In the courtyard, a dynamic teetering structure climbs and descends the exterior of the building. Against one exterior wall of the Pavilion it coalesces to form an exterior space that reveals itself fully only much later in the exhibition. The entrance to the Pavilion has been relocated to a former exit door to the left of the entry rotunda. Once inside, the viewer encounters makeshift structures, some seemingly still under construction, that recall models, machines, and facilities such as a planetarium, observatory, laboratory and pendulum – devices of measurement or locators of the body in space.

Revealed at the end of the exhibition, a garden-like space is framed, almost like a photograph or a painting, by a wall of glass. This window, a 1970s alteration to the building that is often concealed, becomes integral to this piece – the architecture itself becoming a device through which aspects of the installation are reflected and refracted but remain out of reach.

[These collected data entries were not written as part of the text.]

-- ===== src/Plugin/Counted/Release.antt =====
-- What a release of a session leaves at a backend that stands alone at its address.
use nova_airouter.Prelude.{
  ℕ, suc, ◌+◌, ◌==◌, ℤ, negsuc, ◌+ℤ◌, i32, Bool, true, false, ◌&&◌, if◌then◌else◌, Option, none,
  some, List, [], ◌∷◌, All, inl, inr, exists, Text, text_eq, text_eq_iff, Dict, lookup, insert,
  delete, Distinct, ◌≡◌, ◌≢◌, refl, sym, ap, ◌∙◌, subst, arith, Bool-cases, ==_iff,
}
use nova_airouter.Plugin.{
  Backend, Heap, ModelBackend, SessionInfo, add_conn, eq_ℤ, is_at, release_in, release,
}

pub eq_ℤ-iff : (a b : ℤ) → eq_ℤ a b ≡ true → a ≡ b
eq_ℤ-iff a b h = ground arith

-- The sessions that are bound to the backend at an address.
abbrev pub at_session : Text → ℤ → SessionInfo → Bool
at_session addr port si = text_eq addr si.backend_addr && eq_ℤ port si.backend_port

abbrev pub bound : Text → ℤ → Dict SessionInfo → ℕ
bound addr port [] = 0
bound addr port ((_, si) ∷ m) =
    if at_session addr port si then suc (bound addr port m) else bound addr port m

abbrev pub session_weight : Text → ℤ → Option SessionInfo → ℕ
session_weight addr port none = 0
session_weight addr port (some si) = if at_session addr port si then 1 else 0

pub bound-insert :
    (addr : Text) (port : ℤ) (k : Text) (si : SessionInfo) (m : Dict SessionInfo)
    → bound addr port (insert k si m) + session_weight addr port (lookup k m)
      ≡ bound addr port m + session_weight addr port (some si)
unfolding insert lookup
bound-insert addr port k si [] = ground arith
bound-insert addr port k si ((j, sj) ∷ m) = ground (arith, bound-insert addr port k si m)

pub bound-delete :
    (addr : Text) (port : ℤ) (k : Text) (m : Dict SessionInfo)
    → Distinct m
    → bound addr port (delete k m) + session_weight addr port (lookup k m) ≡ bound addr port m
unfolding delete lookup
bound-delete addr port k [] d = refl
bound-delete addr port k ((j, sj) ∷ m) d =
    ground (arith, text_eq_iff j k, bound-delete addr port k m d.1)

-- The heap keeps the address of each backend, and whether it is healthy.
abbrev pub SameAddresses : Heap → Heap → Type 0
SameAddresses h h' =
    (p : ℕ)
    → ((h' p).address ≡ (h p).address)
      × ((h' p).port ≡ (h p).port)
      × ((h' p).healthy ≡ (h p).healthy)

pub add_conn-SameAddresses : (d : ℤ) (p : ℕ) (h : Heap) → SameAddresses h (add_conn d p h)
unfolding add_conn
add_conn-SameAddresses d p h q = ground (arith, ==_iff q p)

pub trans-SameAddresses : (h k l : Heap) → SameAddresses h k → SameAddresses k l → SameAddresses h l
trans-SameAddresses h k l a b p = ((b p).0 ∙ (a p).0, (b p).1 ∙ (a p).1, (b p).2 ∙ (a p).2)

release_in-SameAddresses :
    (addr : Text) (port : ℤ) (ps : List ℕ) (h : Heap) → SameAddresses h (release_in addr port ps h)
unfolding release_in
release_in-SameAddresses addr port [] h = λ p. (refl, refl, refl)
release_in-SameAddresses addr port (q ∷ ps) h = elim (Bool-cases (is_at addr port (h q))) [
  | inl e ↦ rw e (add_conn-SameAddresses (negsuc 0) q h)
  | inr e ↦ rw e (release_in-SameAddresses addr port ps h)
]

pub release-SameAddresses :
    (addr : Text) (port : ℤ) (models : Dict ModelBackend) (h : Heap)
    → SameAddresses h (release addr port models h)
unfolding release
release-SameAddresses addr port [] h = λ p. (refl, refl, refl)
release-SameAddresses addr port ((_, mb) ∷ models) h =
    let h' = release_in addr port mb.backends h in
    trans-SameAddresses h h' (release addr port models h')
      (release_in-SameAddresses addr port mb.backends h) (release-SameAddresses addr port models h')

abbrev pub mem : ℕ → List ℕ → Bool
mem q ps = exists (λ p. q == p) ps

-- The number of models that list the backend.
abbrev pub listed : ℕ → Dict ModelBackend → ℕ
listed q [] = 0
listed q ((_, mb) ∷ models) = if mem q mb.backends then suc (listed q models) else listed q models

-- No other of the backends has the address of `q`.
abbrev pub IsAlone : ℕ → Heap → List ℕ → Type 0
IsAlone q h ps = All (λ p. is_at (h q).address (h q).port (h p) ≡ true → p ≡ q) ps

abbrev pub IsAloneIn : ℕ → Heap → Dict ModelBackend → Type 0
IsAloneIn q h [] = Unit
IsAloneIn q h ((_, mb) ∷ models) = IsAlone q h mb.backends × IsAloneIn q h models

IsAlone-SameAddresses :
    (q : ℕ) (h h' : Heap) (ps : List ℕ) → SameAddresses h h' → IsAlone q h ps → IsAlone q h' ps
IsAlone-SameAddresses q h h' [] a i = tt
IsAlone-SameAddresses q h h' (p ∷ ps) a i =
    (λ e. i.0 (rw ((a q).0, (a q).1, (a p).0, (a p).1) at e), IsAlone-SameAddresses q h h' ps a i.1)

pub IsAloneIn-SameAddresses :
    (q : ℕ) (h h' : Heap) (models : Dict ModelBackend)
    → SameAddresses h h'
    → IsAloneIn q h models
    → IsAloneIn q h' models
IsAloneIn-SameAddresses q h h' [] a i = tt
IsAloneIn-SameAddresses q h h' ((_, mb) ∷ models) a i =
    (IsAlone-SameAddresses q h h' mb.backends a i.0, IsAloneIn-SameAddresses q h h' models a i.1)

pub add_conn-here :
    (d : ℤ) (p : ℕ) (h : Heap) → (add_conn d p h p).active_conn ≡ i32 ((h p).active_conn +ℤ d)
unfolding add_conn
add_conn-here d p h = ground (arith, ==_iff p p)

pub add_conn-there : (d : ℤ) (p q : ℕ) (h : Heap) → (q == p) ≡ false → (add_conn d p h q) ≡ h q
unfolding add_conn
add_conn-there d p q h e = rw e refl

pub add_conn-at :
    (d : ℤ) (p q : ℕ) (h : Heap)
    → (q == p) ≡ true
    → (add_conn d p h q).active_conn ≡ i32 ((h q).active_conn +ℤ d)
add_conn-at d p q h e =
    subst (λ x. (add_conn d x h q).active_conn ≡ i32 ((h q).active_conn +ℤ d)) ((==_iff q p).0 e)
      (add_conn-here d q h)

pub neq_self : (q : ℕ) → (q == q) ≢ false
neq_self q h = absurd (ground arith)

-- What a release leaves at `q`, which stands alone at its address.
unfoldable pub dropped : Bool → ℤ → ℤ
dropped true a = i32 (a +ℤ negsuc 0)
dropped false a = a

at_both :
    (addr : Text) (port : ℤ) (b c : Backend)
    → is_at addr port b ≡ true
    → is_at addr port c ≡ true
    → is_at b.address b.port c ≡ true
at_both addr port b c h k = ground (
  arith,
  text_eq_iff b.address addr,
  text_eq_iff c.address addr,
  text_eq_iff c.address b.address,
  eq_ℤ-iff b.port port,
  eq_ℤ-iff c.port port,
)

release_in-alone :
    (q : ℕ) (addr : Text) (port : ℤ) (ps : List ℕ) (h : Heap)
    → IsAlone q h ps
    → (release_in addr port ps h q).active_conn
      ≡ dropped (is_at addr port (h q) && mem q ps) (h q).active_conn
unfolding release_in dropped
release_in-alone q addr port [] h i = ground arith
release_in-alone q addr port (p ∷ ps) h i = elim (Bool-cases (is_at addr port (h p))) [
  | inl e ↦ elim (Bool-cases (q == p)) [
    | inl s ↦ let same = (==_iff q p).0 s in rw (e, s, same, e) (add_conn-here (negsuc 0) p h)
    | inr s ↦ elim (Bool-cases (is_at addr port (h q))) [
      | inl t ↦
          absurd
            (neq_self q (subst (λ x. (q == x) ≡ false) (i.0 (at_both addr port (h q) (h p) t e)) s))
      | inr t ↦ rw (e, t) (ap (λ b. b.active_conn) (add_conn-there (negsuc 0) p q h s))
    ]
  ]
  | inr e ↦ elim (Bool-cases (q == p)) [
    | inl s ↦
        let t = subst (λ x. is_at addr port (h x) ≡ false) (sym ((==_iff q p).0 s)) e in
        rw (e, t) (release_in-alone q addr port ps h i.1 ∙ rw t refl)
    | inr s ↦ rw (e, s) (release_in-alone q addr port ps h i.1)
  ]
]

zero_suc : {n : ℕ} → suc n ≢ 0
zero_suc e = absurd (omega (arith, e))

and_true : (b : Bool) → (b && true) ≡ b
and_true b = ground arith

dropped_none : (b : Bool) (a : ℤ) → dropped (b && false) a ≡ a
unfolding dropped
dropped_none b a = ground arith

release-absent :
    (q : ℕ) (addr : Text) (port : ℤ) (models : Dict ModelBackend) (h : Heap)
    → IsAloneIn q h models
    → listed q models ≡ 0
    → (release addr port models h q).active_conn ≡ (h q).active_conn
unfolding release dropped
release-absent q addr port [] h i e = refl
release-absent q addr port ((_, mb) ∷ models) h i e =
    let h' = release_in addr port mb.backends h in
    elim (Bool-cases (mem q mb.backends)) [
      | inl t ↦ absurd (zero_suc (rw t at e))
      | inr t ↦
          release-absent q addr port models h'
            (IsAloneIn-SameAddresses q h h' models
              (release_in-SameAddresses addr port mb.backends h) i.1)
            (rw t at e)
          ∙ release_in-alone q addr port mb.backends h i.0
          ∙ rw t (dropped_none (is_at addr port (h q)) (h q).active_conn)
    ]

pub release-alone :
    (q : ℕ) (addr : Text) (port : ℤ) (models : Dict ModelBackend) (h : Heap)
    → IsAloneIn q h models
    → listed q models ≡ 1
    → (release addr port models h q).active_conn ≡ dropped (is_at addr port (h q)) (h q).active_conn
unfolding release
release-alone q addr port [] h i e = absurd (zero_suc (sym e))
release-alone q addr port ((_, mb) ∷ models) h i e =
    let h' = release_in addr port mb.backends h in
    let same = release_in-SameAddresses addr port mb.backends h in
    let rest = IsAloneIn-SameAddresses q h h' models same i.1 in
    let here = release_in-alone q addr port mb.backends h i.0 in
    elim (Bool-cases (mem q mb.backends)) [
      | inl t ↦
          release-absent q addr port models h' rest (omega (arith, rw t at e))
          ∙ here
          ∙ rw t (ap (λ b. dropped b (h q).active_conn) (and_true (is_at addr port (h q))))
      | inr t ↦
          release-alone q addr port models h' rest (rw t at e)
          ∙ ap (λ b. dropped b (h' q).active_conn) (rw ((same q).0, (same q).1) refl)
          ∙ ap (dropped (is_at addr port (h q)))
              (here ∙ rw t (dropped_none (is_at addr port (h q)) (h q).active_conn))
    ]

“We are enormously proud to be the lead funder of the United States' exhibition at the Biennale,” said Luis Ubiñas, president of the Ford Foundation. "Diversity in the arts is profoundly important to us at Ford, because the arts express who we are and who we aspire to become. Whether you live in Venice, the Bronx or anywhere in between, artistic expression and discourse are crucial to the full realization of your potential. We will always support the arts as part of our mission to advance human achievement."